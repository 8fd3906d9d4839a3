-- ===== src/Tests/Profiles.antt =====
-- The theorems on profiles, applied.
use tinder_like_back.Base.{◌≡◌, refl, false, some, none, [], ◌∷◌}
use tinder_like_back.Base.Int.{pos}
use tinder_like_back.Models.{Profile}
use tinder_like_back.Text.{trim_space, is_space, is_digit}
use tinder_like_back.Errors.{ok}
use tinder_like_back.Text.Dates.{parse_date, valid_date, days_in, add_years, is_leap}
use tinder_like_back.Geo.{out_of_range}
use tinder_like_back.Database.{user_exists}
use tinder_like_back.Service.Preferences.{trimmed}
use tinder_like_back.Service.Profiles.{SaveProfileInput, with_birthday, build_profile}
use tinder_like_back.Service.Profiles.Building.{IsValid, build_profile-IsValid}
use tinder_like_back.Tests.{calm, town, whole}

-- " A", 2000-02-29, at 10 and 20 degrees.
abbrev pub form : SaveProfileInput
form = record {
  full_name = 32 ∷ 65 ∷ [];
  birthday = 50 ∷ 48 ∷ 48 ∷ 48 ∷ 45 ∷ 48 ∷ 50 ∷ 45 ∷ 50 ∷ 57 ∷ [];
  gender = pos 2;
  bio = [];
  latitude = some 10;
  longitude = some 20;
  city = none;
}

abbrev pub built : Profile
built = record {
  id = 0;
  user_id = 2;
  full_name = 65 ∷ [];
  birthday = record { year = 2000; month = 2; day = 29 };
  gender = 2;
  bio = [];
  latitude = some 10;
  longitude = some 20;
  city = none;
  is_active = false;
  last_activity_at = 0;
  created_at = 0;
  updated_at = 0;
}

form-built : build_profile whole 2 form calm.today ≡ ok built
unfolding build_profile with_birthday trim_space is_space trimmed parse_date valid_date days_in
    is_digit add_years is_leap out_of_range
form-built = refl

build_profile-IsValid_example : IsValid whole 2 calm.today town built
unfolding user_exists
build_profile-IsValid_example =
    build_profile-IsValid whole 2 form calm.today built town form-built
      (((λ h. refl), (λ h. cc)), ((λ h. cc), (λ h. refl)))
      (((λ h. refl), (λ h. cc)), ((λ h. cc), (λ h. refl))) refl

################

Set down the records again, exactly.

• _RESULT OF THE TASK_
repository 8fd3906d9d4839a3
-- ===== src/Tests/Profiles.antt =====
-- The theorems on profiles, applied.
use tinder_like_back.Base.{◌≡◌, refl, false, some, none, [], ◌∷◌}
use tinder_like_back.Base.Int.{pos}
use tinder_like_back.Models.{Profile}
use tinder_like_back.Text.{trim_space, is_space, is_digit}
use tinder_like_back.Errors.{ok}
use tinder_like_back.Text.Dates.{parse_date, valid_date, days_in, add_years, is_leap}
use tinder_like_back.Geo.{out_of_range}
use tinder_like_back.Database.{user_exists}
use tinder_like_back.Service.Preferences.{trimmed}
use tinder_like_back.Service.Profiles.{SaveProfileInput, with_birthday, build_profile}
use tinder_like_back.Service.Profiles.Building.{IsValid, build_profile-IsValid}
use tinder_like_back.Tests.{calm, town, whole}

-- " A", 2000-02-29, at 10 and 20 degrees.
abbrev pub form : SaveProfileInput
form = record {
  full_name = 32 ∷ 65 ∷ [];
  birthday = 50 ∷ 48 ∷ 48 ∷ 48 ∷ 45 ∷ 48 ∷ 50 ∷ 45 ∷ 50 ∷ 57 ∷ [];
  gender = pos 2;
  bio = [];
  latitude = some 10;
  longitude = some 20;
  city = none;
}

abbrev pub built : Profile
built = record {
  id = 0;
  user_id = 2;
  full_name = 65 ∷ [];
  birthday = record { year = 2000; month = 2; day = 29 };
  gender = 2;
  bio = [];
  latitude = some 10;
  longitude = some 20;
  city = none;
  is_active = false;
  last_activity_at = 0;
  created_at = 0;
  updated_at = 0;
}

form-built : build_profile whole 2 form calm.today ≡ ok built
unfolding build_profile with_birthday trim_space is_space trimmed parse_date valid_date days_in
    is_digit add_years is_leap out_of_range
form-built = refl

build_profile-IsValid_example : IsValid whole 2 calm.today town built
unfolding user_exists
build_profile-IsValid_example =
    build_profile-IsValid whole 2 form calm.today built town form-built
      (((λ h. refl), (λ h. cc)), ((λ h. cc), (λ h. refl)))
      (((λ h. refl), (λ h. cc)), ((λ h. cc), (λ h. refl))) refl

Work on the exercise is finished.